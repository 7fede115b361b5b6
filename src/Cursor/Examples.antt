-- ===== src/Cursor/Examples.antt =====
-- Runs of `XmlCursor` on a small document: a root with an element, whose node has an attribute
-- and a text.
use mathlib.Core.Option.{none-ne-some, some-injective}
use xmlbeansxx.Prelude.{
  ℕ, zero, suc, ◌<◌, ◌+◌, ◌≡◌, ◌≢◌, refl, ap, sym, subst, [], ◌∷◌, Option, none, some, true, false,
  if◌then◌else◌, ◌==◌, get_elem?, codes, pos, negsuc, text_eq, arith,
}
use xmlbeansxx.QName.{QName, qname, qname_eq}
use xmlbeansxx.Dict.{dict_el}
use xmlbeansxx.Heap.{Node, Heap, ok, fault, plain_node, text_node, bad_pointer}
use xmlbeansxx.Contents.{text_element_name}
use xmlbeansxx.Cursor.{
  Cursor, int_enddoc, int_start, int_end, int_text, int_attr, get_attribute_type, get_element_type,
  new_cursor, token_at, count_all, at_pos,
}
use xmlbeansxx.Cursor.Moves.{value_at}
use xmlbeansxx.Cursor.Track.{IsClosed, OnTrack, ThereAndBack, to_next_token-ThereAndBack}
use xmlbeansxx.Cursor.Reading.{Below, Reads, tokens_after, node_tokens}
use xmlbeansxx.Cursor.Order.{document_tokens, AtEnd, to_next_token-document_tokens}
use xmlbeansxx.Cursor.Jumps.{
  not_text, jumped, scan, child_by, sibling_by, to_next_sibling, scan_back, to_prev_sibling,
  to_last_child, to_prev_attribute, outermost, to_start_doc,
}
use xmlbeansxx.Cursor.Jumps.Siblings.{matches, child_by-sibling_by}
use xmlbeansxx.Cursor.Edits.{insert_attribute_with_value}
use xmlbeansxx.Cursor.Edits.RoundTrip.{InsertedAndRemoved, remove_xml-insert_element}

abbrev item_name : QName
item_name = qname [] (codes "item")

abbrev item : Node
item = record (plain_node 0) {
  attrs = dict_el (qname [] (codes "id")) (some 2) ∷ [];
  elems = dict_el text_element_name (some 3) ∷ [];
}

abbrev root : Node
root = record (plain_node 0) { elems = dict_el item_name (some 1) ∷ [] }

abbrev cells : ℕ → Option Node
cells zero = some root
cells (suc zero) = some item
cells (suc (suc zero)) = some (text_node 0 (codes "7"))
cells (suc (suc (suc zero))) = some (text_node 0 (codes "hi"))
cells (suc (suc (suc (suc p)))) = none

abbrev document : Heap
document = record { cell = cells; next = 4 }

document_tokens-run :
    document_tokens document 2 0 ≡ int_start ∷ int_attr ∷ int_text ∷ int_end ∷ int_enddoc ∷ []
unfolding document_tokens node_tokens tokens_after token_at get_attribute_type get_element_type
    qname_eq text_eq
document_tokens-run = refl

root_values : (i q : ℕ) → i < count_all root → value_at root i ≡ some q → q ≡ 1
unfolding get_attribute_type get_element_type qname_eq text_eq
root_values zero q h e = sym (some-injective 1 q e)
root_values (suc i) q h e = absurd (omega arith)

item_values : (i q : ℕ) → i < count_all item → value_at item i ≢ some q
unfolding get_attribute_type get_element_type qname_eq text_eq
item_values zero q h e = none-ne-some q e
item_values (suc zero) q h e = none-ne-some q e
item_values (suc (suc i)) q h e = omega arith

document-IsClosed : IsClosed document
document-IsClosed zero n i q at h e =
    let is_root = some-injective root n at in
    (
      item,
      ap cells (
          root_values i q (subst (λ n. i < count_all n) (sym is_root) h)
            (subst (λ n. value_at n i ≡ some q) (sym is_root) e)),
    )
document-IsClosed (suc zero) n i q at h e =
    let is_item = some-injective item n at in
    absurd (
      item_values i q (subst (λ n. i < count_all n) (sym is_item) h)
        (subst (λ n. value_at n i ≡ some q) (sym is_item) e))
document-IsClosed (suc (suc zero)) n i q at h e =
    let is_text = some-injective (text_node 0 (codes "7")) n at in
    absurd (nothing i (subst (λ n. i < count_all n) (sym is_text) h))
  where
    nothing : (i : ℕ) → ¬ (i < 0)
    nothing i h = omega arith
document-IsClosed (suc (suc (suc zero))) n i q at h e =
    let is_text = some-injective (text_node 0 (codes "hi")) n at in
    absurd (nothing i (subst (λ n. i < count_all n) (sym is_text) h))
  where
    nothing : (i : ℕ) → ¬ (i < 0)
    nothing i h = omega arith
document-IsClosed (suc (suc (suc (suc p)))) n i q at h e = absurd (none-ne-some n at)

document-Below : Below document 2 0
document-Below = (
  root,
  refl,
  λ i q h e.
      subst (Below document 1) (sym (root_values i q h e))
        (item, refl, λ j r k d. absurd (item_values j r k d)),
)

to_next_token-document_tokens_example :
    (c : Cursor) × Reads document (new_cursor 0) (document_tokens document 2 0) c
    × AtEnd document 0 c
to_next_token-document_tokens_example = to_next_token-document_tokens document 2 0 document-Below

-- The cursor at the end of the element.
abbrev end_of_item : Cursor
end_of_item = record { contents = 1; position = pos 2; stack = (pos 0, 0) ∷ [] }

end_on_track : OnTrack document end_of_item
unfolding get_attribute_type get_element_type qname_eq text_eq
end_on_track = record {
  node = item;
  node_at = refl;
  inside = omega arith;
  stacked = ((root, refl, omega arith, refl), tt);
}

to_next_token-ThereAndBack_example : ThereAndBack document end_of_item item
unfolding end_on_track
to_next_token-ThereAndBack_example =
    to_next_token-ThereAndBack document end_of_item document-IsClosed end_on_track (λ wrong. wrong)

-- Two elements with a text between them.
abbrev brothers : Node
brothers = record (plain_node 0) {
  elems =
      dict_el item_name (some 1)
      ∷ dict_el text_element_name (some 3)
      ∷ dict_el item_name (some 2)
      ∷ [];
}

abbrev family : Heap
family = record { cell = λ p. if p == 0 then some brothers else none; next = 4 }

abbrev at_zero : Cursor
at_zero = record { contents = 0; position = pos 0; stack = [] }

child_by-sibling_by_example :
    (child_by not_text at_zero (pos 1) family
      ≡ (ok (jumped at_zero (get_elem? (matches not_text brothers.elems 0) 0)), family))
    × ((i : ℕ)
        → get_elem? (matches not_text brothers.elems 0) 0 ≡ some i
        → sibling_by not_text (at_pos at_zero (pos i)) (pos 1) family ≡ (
          ok (
              jumped
                (at_pos at_zero (pos i))
                (get_elem? (matches not_text brothers.elems 0) (suc (0 + 0)))),
          family,
        ))
child_by-sibling_by_example = child_by-sibling_by not_text at_zero family brothers 0 0 refl

next_child-run :
    to_next_sibling at_zero (pos 1) family ≡ (ok (true, at_pos at_zero (pos 2)), family)
unfolding sibling_by scan qname_eq text_eq
next_child-run = refl

-- The children before one: an element at position 1 has its sibling at position 0 passed over,
-- and a single child is not found as the last.
prev_sibling-run :
    to_prev_sibling (at_pos at_zero (pos 2)) (pos 1) family
    ≡ (ok (true, at_pos at_zero (pos 0)), family)
unfolding to_prev_sibling scan_back qname_eq text_eq
prev_sibling-run = refl

prev_sibling_missed-run :
    to_prev_sibling (at_pos at_zero (pos 1)) (pos 1) family
    ≡ (ok (false, at_pos at_zero (pos 1)), family)
unfolding to_prev_sibling
prev_sibling_missed-run = refl

last_child_missed-run : to_last_child (new_cursor 0) document ≡ (ok (false, new_cursor 0), document)
unfolding to_last_child to_prev_sibling new_cursor
last_child_missed-run = refl

-- From before the document toPrevAttribute goes on to position -2, and an insertion of an
-- attribute is before the begin of the vector.
prev_attribute-run :
    to_prev_attribute (at_pos (new_cursor 1) (negsuc 0)) document
    ≡ (ok (true, at_pos (new_cursor 1) (negsuc 1)), document)
unfolding to_prev_attribute new_cursor
prev_attribute-run = refl

insert_attribute-run :
    insert_attribute_with_value (new_cursor 0) item_name (some 2) document
    ≡ (fault bad_pointer, document)
unfolding insert_attribute_with_value new_cursor
insert_attribute-run = refl

start_doc-run : to_start_doc end_of_item ≡ at_zero
unfolding to_start_doc outermost
start_doc-run = refl

remove_xml-insert_element_example : InsertedAndRemoved at_zero item_name (some 2) document 0
remove_xml-insert_element_example =
    remove_xml-insert_element at_zero item_name (some 2) document root 0 refl (omega arith) refl
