-- ===== src/Dict/Appending.antt =====
-- `ElemDict::set` at the first position that is free: src/xmlbeansxx/ElemDict.h.
use xmlbeansxx.Prelude.{◌≡◌, refl, ap, [], ◌∷◌, ◌++◌, Option, Bool-cases, inl, inr, pos}
use xmlbeansxx.QName.{QName, qname_eq}
use xmlbeansxx.Dict.{
  ElemDict, dict_el, missed, behind, add, pad, count, set_scan, finish_set, set_at,
}

module _ {A : Type 0} where
  set_scan-count :
      (d : ElemDict A) (u : QName) (v : Option A)
      → set_scan d u (pos (count d u)) v ≡ missed (pos 0)
  unfolding set_scan count
  set_scan-count [] u v = refl
  set_scan-count (it ∷ rest) u v = elim (Bool-cases (qname_eq it.name u)) [
    | inl hit ↦ rw hit (ap (behind it) (set_scan-count rest u v))
    | inr miss ↦ rw miss (ap (behind it) (set_scan-count rest u v))
  ]

  -- The value is put behind all elements, whatever their names.
  pub set_at-count :
      (d : ElemDict A) (u : QName) (v : Option A)
      → set_at d u (pos (count d u)) v ≡ d ++ dict_el u v ∷ []
  unfolding set_at finish_set add pad
  set_at-count d u v = ap (finish_set d u v) (set_scan-count d u v)
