-- ===== src/Dict/Examples.antt =====
-- Runs of the dictionary's operations, and its theorems at a concrete dictionary.
use xmlbeansxx.Prelude.{ℕ, [], ◌∷◌, ◌≡◌, refl, some, none, pos, negsuc, codes, text_eq}
use xmlbeansxx.QName.{QName, qname, qname_eq}
use xmlbeansxx.Dict.{ElemDict, dict_el, find, count, add, set_at, del, remove_at, has_empty_content}
use xmlbeansxx.Dict.Values.{values, find-set_at, values-set_at, values-remove_at, set_padded}
use xmlbeansxx.Dict.Delete.{keep, del-keep}

abbrev item : QName
item = qname (codes "urn:po") (codes "item")

abbrev note : QName
note = qname (codes "urn:po") (codes "note")

-- Two items around a note; pointers are numbers.
abbrev order : ElemDict ℕ
order = dict_el item (some 1) ∷ dict_el note (some 2) ∷ dict_el item (some 3) ∷ []

operations : Unit {0}
unfolding find count add set_at del remove_at has_empty_content values keep qname_eq text_eq
operations = tt

del_run : (del order item).0 ≡ dict_el note (some 2) ∷ []
unfolding operations
del_run = refl

-- Position 3 is past the two items: a null pointer is put in at position 2.
set_at_run : values (set_at order item (pos 3) (some 9)) item ≡ some 1 ∷ some 3 ∷ none ∷ some 9 ∷ []
unfolding operations
set_at_run = refl

negative_index : (find order item (negsuc 0)).value ≡ none
unfolding operations
negative_index = refl

remove_at_run : remove_at order item (pos 1) ≡ dict_el item (some 1) ∷ dict_el note (some 2) ∷ []
unfolding operations
remove_at_run = refl

del-keep_example : del order item ≡ (keep order item, count order item)
del-keep_example = del-keep order item

find-set_at_example : (find (set_at order item (pos 1) (some 9)) item (pos 1)).value ≡ some 9
unfolding operations
find-set_at_example = find-set_at order item item 1 1 (some 9)

values-set_at_example :
    values (set_at order item (pos 3) (some 9)) item ≡ set_padded (some 1 ∷ some 3 ∷ []) 3 (some 9)
unfolding operations
values-set_at_example = values-set_at order item item 3 (some 9)

values-remove_at_example : values (remove_at order item (pos 0)) item ≡ some 3 ∷ []
unfolding operations
values-remove_at_example = values-remove_at order item item 0
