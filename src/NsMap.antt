-- ===== src/NsMap.antt =====
-- `NSMap`: the namespaces that prefixes stand for. src/xmlbeansxx/NSMap.h and NSMap.cpp.
-- The `std::map` is a list in the order of its keys, which `getPrefix` and `toString` walk. A
-- namespace is the text of its StoreString.
pub mod Bindings
pub mod Resolve
mod Examples
use xmlbeansxx.Prelude.{
  ℕ, zero, suc, List, [], ◌∷◌, ◌++◌, Option, none, some, Bool, true, false, not, ◌||◌, ◌==◌,
  if◌then◌else◌, Text, codes, text_eq, text_lt,
}
use xmlbeansxx.QName.{QName, qname}

-- `beans_exception` is a throw of BeansException.
pub data Result {ℓ} (A : Type ℓ) : Type ℓ where
  ok : A → Result A
  beans_exception : Result A

infixl 5 ◌>>=◌
abbrev pub ◌>>=◌ {ℓ κ} : {A : Type ℓ} {B : Type κ} → Result A → (A → Result B) → Result B
ok a >>= f = f a
beans_exception >>= f = beans_exception

-- A prefix beside its namespace.
abbrev pub PrefixMap : Type 0
PrefixMap = List (Text × Text)

unfoldable pub lookup : Text → PrefixMap → Option Text
lookup p [] = none
lookup p ((q, ns) ∷ m) = if text_eq q p then some ns else lookup p m

-- `prefixMap[prefix]=ns`
unfoldable pub assign : Text → Text → PrefixMap → PrefixMap
assign p ns [] = (p, ns) ∷ []
assign p ns ((q, old) ∷ m) =
    let later = assign p ns m in
    if text_eq q p
    then (p, ns) ∷ m
    else if text_lt p q
    then (p, ns) ∷ (q, old) ∷ m
    else (q, old) ∷ later

unfoldable pub is_set_namespace_uri : PrefixMap → Text → Bool
is_set_namespace_uri [] ns = false
is_set_namespace_uri ((q, u) ∷ m) ns = text_eq u ns || is_set_namespace_uri m ns

abbrev pub is_some : Option Text → Bool
is_some none = false
is_some (some t) = true

unfoldable pub is_set_prefix : PrefixMap → Text → Bool
is_set_prefix m p = is_some (lookup p m)

-- The map and the answer: whether the prefix was free.
unfoldable pub add_namespace : PrefixMap → Text → Text → Bool → PrefixMap × Bool
add_namespace m p ns force =
    let retu = not (is_set_prefix m p) in (if force || retu then assign p ns m else m, retu)

abbrev pub or_throw : Option Text → Result Text
or_throw none = beans_exception
or_throw (some t) = ok t

unfoldable pub get_namespace_uri : PrefixMap → Text → Result Text
get_namespace_uri m p = or_throw (lookup p m)

-- The first prefix, in the order of the map, that stands for the namespace.
unfoldable pub get_prefix : PrefixMap → Text → Result Text
get_prefix [] ns = beans_exception
get_prefix ((q, u) ∷ m) ns = if text_eq u ns then ok q else get_prefix m ns

unfoldable pub to_string : PrefixMap → Text
to_string [] = []
to_string ((q, u) ∷ m) = (q ++ codes " => " ++ u) ++ to_string m

abbrev pub behind : ℕ → Option (Text × Text) → Option (Text × Text)
behind c none = none
behind c (some (p, rest)) = some (c ∷ p, rest)

-- `name.find(':')`, with the text on each side of it.
unfoldable pub split_colon : Text → Option (Text × Text)
split_colon [] = none
split_colon (c ∷ s) = if c == b':' then some ([], s) else behind c (split_colon s)

-- A throw is caught: a name without a prefix then has the empty namespace.
abbrev pub or_empty : Result Text → Text
or_empty (ok ns) = ns
or_empty beans_exception = []

abbrev pub name_in : PrefixMap → Text → Option (Text × Text) → Result QName
name_in m name none = ok (qname (or_empty (get_namespace_uri m [])) name)
name_in m name (some (p, rest)) = do
  ns ← get_namespace_uri m p
  ok (record { namespace_uri = ns; local_part = rest; prefix = p })

unfoldable pub get_qname : PrefixMap → Text → Result QName
get_qname m name = name_in m name (split_colon name)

_ _ _ _

• **What you should do**
Could you restate word for word the lines above, from the one that contains "ok : A → Result A" through the one that contains "PrefixMap = List (Text × Text)", and no others?

• **Answer**
  ok : A → Result A
  beans_exception : Result A

infixl 5 ◌>>=◌
abbrev pub ◌>>=◌ {ℓ κ} : {A : Type ℓ} {B : Type κ} → Result A → (A → Result B) → Result B
ok a >>= f = f a
beans_exception >>= f = beans_exception

-- A prefix beside its namespace.
abbrev pub PrefixMap : Type 0
PrefixMap = List (Text × Text)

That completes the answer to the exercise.